There is no form, there is nothing in the world which says nothing. Often - it is true - the message does not reach our soul, either because it has no meaning in and for itself, or - as is more likely – because it has not been conveyed to the right place.. ..Every serious work rings inwardly, like the calm and dignified words: ‘Here I am!’
Excerpts from The Circular Logic of the Universe| Natalie Angier.
Of course!, Angier wrote this. When I’m not even familiar with a topic, but mysteriously drawn to its explanation… it is only after that I find the article was written by her. Again these are only excerpts but it gains speed nicely, O, consider the tone, and how this is really a wonderful example of the new direction of journalism. The New York Times should put out a Science Mag. Best section is Tuesdays! And this is why.
I learned that, at around the time Kandinsky painted the work, in 1926, he had begun collecting scientific encyclopedias and journals.
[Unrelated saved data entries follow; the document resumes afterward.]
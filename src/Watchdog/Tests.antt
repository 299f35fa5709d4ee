-- ===== src/Watchdog/Tests.antt =====
-- Runs of the loop watchdog (cores/epoxy/esp32_wdt.cpp).
use epoxy_duino.Base.{◌+◌, ◌≤◌, ◌≡◌, refl, true, [], ◌∷◌, none, some}
use epoxy_duino.Watchdog.{Watchdog, handler, off, enable_loop_wdt, monitor, monitor_all}
use epoxy_duino.Watchdog.Steps.{rest, next, enabled, polled, count, armed_count, expiries_le}

abbrev armed : Watchdog
armed = record off { armed = true; last_feed_ms = 100; expiry_handler = some 7 }

expired : monitor_all (5000 ∷ 5100 ∷ 5120 ∷ 5140 ∷ []) armed ≡ (5120, handler 7) ∷ []
unfolding monitor_all monitor
expired = refl

abbrev enabled_once : Watchdog
enabled_once = enable_loop_wdt none 10 off

expiries_le_example :
    (count (monitor 6000 enabled_once).0) + armed_count (monitor 6000 enabled_once).1
    ≤ 1 + armed_count off
unfolding monitor enable_loop_wdt
expiries_le_example = expiries_le (
    next off enabled_once (monitor 6000 enabled_once).1 1 0 0 (count (monitor 6000 enabled_once).0)
      (next off off enabled_once 0 0 1 0 (rest off) (enabled none 10 off))
      (polled 6000 enabled_once))
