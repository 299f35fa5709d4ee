-- ===== src/Wifi.antt =====
-- The mock of WiFi (libraries/EpoxyMockWiFi/WiFi.h and WiFi.cpp): the one object of WiFiClass as a
-- record, and its operations as functions on it. `now` is what millis() reads.
pub mod State
pub mod Events
pub mod Station
pub mod Access
pub mod Scan
pub mod Calls
pub mod Outcome
pub mod Queue
pub mod Delivery
pub mod Scanned
pub mod Replay
pub mod Flags
pub mod Runs
pub mod Sockets
mod Tests
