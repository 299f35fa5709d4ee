-- ===== src/Wifi/State.antt =====
-- The state of WiFiClass (libraries/EpoxyMockWiFi/WiFi.h), its construction and mockReset(), and the
-- networks that the mock knows (_initDefaultScanResults() of WiFi.cpp).
use epoxy_duino.Base.{ℕ, ◌-◌, ◌^◌, Bool, true, false, List, [], ◌∷◌, Option, none, replicate}
use epoxy_duino.Base.Text.{Bytes, codes}
use epoxy_duino.Address.{IpAddress}

pub data Status : Type 0 where
  no_ssid_avail connected connect_failed connection_lost disconnected : Status

pub data Mode : Type 0 where
  off sta ap ap_sta : Mode

-- wifi_auth_mode_t, as far as the mock uses it, and ENC_TYPE_NONE
abbrev pub auth_open : ℕ
auth_open = 0

abbrev pub auth_wep : ℕ
auth_wep = 1

abbrev pub auth_wpa_psk : ℕ
auth_wpa_psk = 2

abbrev pub auth_wpa2_psk : ℕ
auth_wpa2_psk = 3

abbrev pub auth_wpa3_psk : ℕ
auth_wpa3_psk = 6

abbrev pub enc_type_none : ℕ
enc_type_none = 7

-- WiFiEvent_t as numbers, with the values of the ESP32
abbrev pub event_scan_done : ℕ
event_scan_done = 1

abbrev pub event_sta_start : ℕ
event_sta_start = 2

abbrev pub event_sta_stop : ℕ
event_sta_stop = 3

abbrev pub event_sta_connected : ℕ
event_sta_connected = 4

abbrev pub event_sta_disconnected : ℕ
event_sta_disconnected = 5

abbrev pub event_sta_got_ip : ℕ
event_sta_got_ip = 7

abbrev pub event_ap_start : ℕ
event_ap_start = 10

abbrev pub event_ap_stop : ℕ
event_ap_stop = 11

abbrev pub event_max : ℕ
event_max = 40

-- What arduino_event_info_t holds for the events that are queued.
pub data EventInfo : Type 0 where
  no_info : EventInfo
  scan_done : ℕ → EventInfo
  sta_connected : Bytes → Bytes → ℕ → EventInfo
  sta_disconnected : Bytes → Bytes → ℕ → EventInfo
  got_ip : IpAddress → IpAddress → IpAddress → EventInfo

pub record PendingWiFiEvent : Type 0 where
  pub event : ℕ
  pub info : EventInfo
  pub due_at : ℕ

-- An int32_t is its bit pattern.
pub record MockScanEntry : Type 0 where
  pub entry_ssid : Bytes
  pub rssi : ℕ
  pub encryption_type : ℕ
  pub entry_channel : ℕ
  pub bssid : Bytes
  pub is_hidden : Bool

-- int8_t fields are bit patterns. A handler is the number of the function it names; a callback
-- without a function is `none`.
pub record Wifi : Type 0 where
  pub status : Status
  pub mode : Mode
  pub local_ip : IpAddress
  pub subnet_mask : IpAddress
  pub gateway_ip : IpAddress
  pub dns_ip : IpAddress
  pub static_ip_configured : Bool
  pub ssid : Bytes
  pub psk : Bytes
  pub hostname : Bytes
  pub channel : ℕ
  pub auto_connect : Bool
  pub persistent : Bool
  pub ap_enabled : Bool
  pub ap_ssid : Bytes
  pub ap_psk : Bytes
  pub ap_channel : ℕ
  pub ap_hidden : Bool
  pub ap_max_conn : ℕ
  pub ap_local_ip : IpAddress
  pub ap_gateway_ip : IpAddress
  pub ap_subnet_mask : IpAddress
  pub scan_results : List MockScanEntry
  pub scan_view : List MockScanEntry
  pub bssid_scratch : Bytes
  pub scan_in_progress : Bool
  pub scan_has_result : Bool
  pub scan_ready_at : ℕ
  pub scan_result_count : ℕ
  pub flappy_counter : ℕ
  pub event_handler : Option ℕ
  pub event_handler_info : Option ℕ
  pub event_callbacks : List (ℕ × Option ℕ)
  pub pending_events : List PendingWiFiEvent
  pub yield_service_registered : Bool
  pub sta_started : Bool
  pub ap_started : Bool

abbrev pub ip : ℕ → ℕ → ℕ → ℕ → IpAddress
ip a b c d = record { b0 = a; b1 = b; b2 = c; b3 = d }

abbrev pub no_ip : IpAddress
no_ip = ip 0 0 0 0

-- an entry with a signal of -`signal` dBm and the BSSID AA:BB:CC:00:00:`last`
abbrev pub network : Bytes → ℕ → ℕ → ℕ → ℕ → Bool → MockScanEntry
network name signal encryption chan last hidden = record {
  entry_ssid = name;
  rssi = 2 ^ 32 - signal;
  encryption_type = encryption;
  entry_channel = chan;
  bssid = 0xaa ∷ 0xbb ∷ 0xcc ∷ 0 ∷ 0 ∷ last ∷ [];
  is_hidden = hidden;
}

abbrev pub default_scan_results : List MockScanEntry
default_scan_results =
    network (codes "EPX_OK") 45 auth_wpa2_psk 6 1 false
    ∷ network (codes "EPX_BADPASS") 62 auth_wpa2_psk 11 2 false
    ∷ network (codes "EPX_TIMEOUT") 78 auth_wpa2_psk 1 3 false
    ∷ network (codes "EPX_NOIP") 55 auth_open 3 4 false
    ∷ network (codes "EPX_FLAPPY") 70 auth_wpa2_psk 9 5 false
    ∷ network (codes "EPX_HIDDEN") 60 auth_wpa2_psk 6 6 true
    ∷ network (codes "EPX_OPEN") 52 auth_open 4 7 false
    ∷ network (codes "EPX_WEP") 67 auth_wep 2 8 false
    ∷ network (codes "EPX_WPA") 59 auth_wpa_psk 8 9 false
    ∷ network (codes "EPX_WPA2") 50 auth_wpa2_psk 6 10 false
    ∷ network (codes "EPX_WPA3") 61 auth_wpa3_psk 10 11 false
    ∷ []

unfoldable pub init_default_scan_results : Wifi → Wifi
init_default_scan_results w = record w {
  scan_results = default_scan_results;
  scan_view = default_scan_results;
}

-- The constructor; `registered` is what epoxyRegisterYieldServiceCallback() answers.
abbrev pub new_wifi : Bool → Wifi
new_wifi registered = record {
  status = disconnected;
  mode = off;
  local_ip = no_ip;
  subnet_mask = ip 255 255 255 0;
  gateway_ip = no_ip;
  dns_ip = no_ip;
  static_ip_configured = false;
  ssid = [];
  psk = [];
  hostname = codes "epoxy-duino";
  channel = 1;
  auto_connect = true;
  persistent = true;
  ap_enabled = false;
  ap_ssid = [];
  ap_psk = [];
  ap_channel = 1;
  ap_hidden = false;
  ap_max_conn = 4;
  ap_local_ip = ip 192 168 4 1;
  ap_gateway_ip = ip 192 168 4 1;
  ap_subnet_mask = ip 255 255 255 0;
  scan_results = default_scan_results;
  scan_view = default_scan_results;
  bssid_scratch = replicate 6 0;
  scan_in_progress = false;
  scan_has_result = false;
  scan_ready_at = 0;
  scan_result_count = 0;
  flappy_counter = 0;
  event_handler = none;
  event_handler_info = none;
  event_callbacks = [];
  pending_events = [];
  yield_service_registered = registered;
  sta_started = false;
  ap_started = false;
}

unfoldable pub mock_reset : Wifi → Wifi
unfolding init_default_scan_results
mock_reset w = init_default_scan_results (record w {
  status = disconnected;
  mode = off;
  local_ip = no_ip;
  subnet_mask = ip 255 255 255 0;
  gateway_ip = no_ip;
  dns_ip = no_ip;
  static_ip_configured = false;
  ssid = [];
  psk = [];
  hostname = codes "epoxy-duino";
  channel = 1;
  auto_connect = true;
  persistent = true;
  ap_enabled = false;
  ap_ssid = [];
  ap_psk = [];
  ap_channel = 1;
  ap_hidden = false;
  ap_max_conn = 4;
  ap_local_ip = ip 192 168 4 1;
  ap_gateway_ip = ip 192 168 4 1;
  ap_subnet_mask = ip 255 255 255 0;
  flappy_counter = 0;
  scan_in_progress = false;
  scan_has_result = false;
  scan_ready_at = 0;
  scan_result_count = 0;
})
I also learned of Kandinsky’s growing love affair with the circle. The circle, he wrote, is “the most modest form, but asserts itself unconditionally.” It is “simultaneously stable and unstable,” “loud and soft,” “a single tension that carries countless tensions within it.” Kandinsky loved the circle so much that it finally supplanted in his visual imagination the primacy long claimed by an emblem of his Russian boyhood, the horse.
Quirkily enough, the artist’s life followed a circular form: He was born in December 1866, and he died the same month in 1944. This being December, I’d like to honor Kandinsky through his favorite geometry, by celebrating the circle and giving a cheer for the sphere. Life as we know it must be lived in the round, and the natural world abounds in circular objects at every scale we can scan. Let a heavenly body get big enough for gravity to weigh in, and you will have yourself a ball.
Our eggs and those of many other species are not egg-shaped at all but spherical, and when you see human eggs under a microscope they look like tranquil suns with Kandinsky coronas behind them. Raindrops start life in the clouds not with the pear-shaped contours of a cartoon teardrop, but as liquid globes, aggregates of water molecules that have condensed around specks of dust or salt and then mutually clung themselves into the rounded path of least resistance. Only as the raindrops fall do they lose their symmetry, their bottoms often flattening out while their tops stay rounded, a shape some have likened to a hamburger bun.
Sometimes roundness is purely a matter of physics. “The shape of any object represents the balance of two opposing forces,” explained Larry S. Liebovitch of the Center for Complex Systems and Brain Sciences at Florida Atlantic University. “You get things that are round when those forces are isotropic, that is, felt equally in all directions.”
isotropic: having physical properties that are the same regardless of the direction of measurement.
iso (equal) tropos (direction)
In precipitating clouds, water droplets are exceptionally sticky, as the lightly positive end of one water molecule seeks the lightly negative end of another. But, again, mutually hostile electrons put a limit on molecular intimacy, and the compromise conformation is shaped like a ball. “A sphere is the most compact way for an object to form itself,” said Denis Dutton, an evolutionary theorist at the University of Canterbury in New Zealand.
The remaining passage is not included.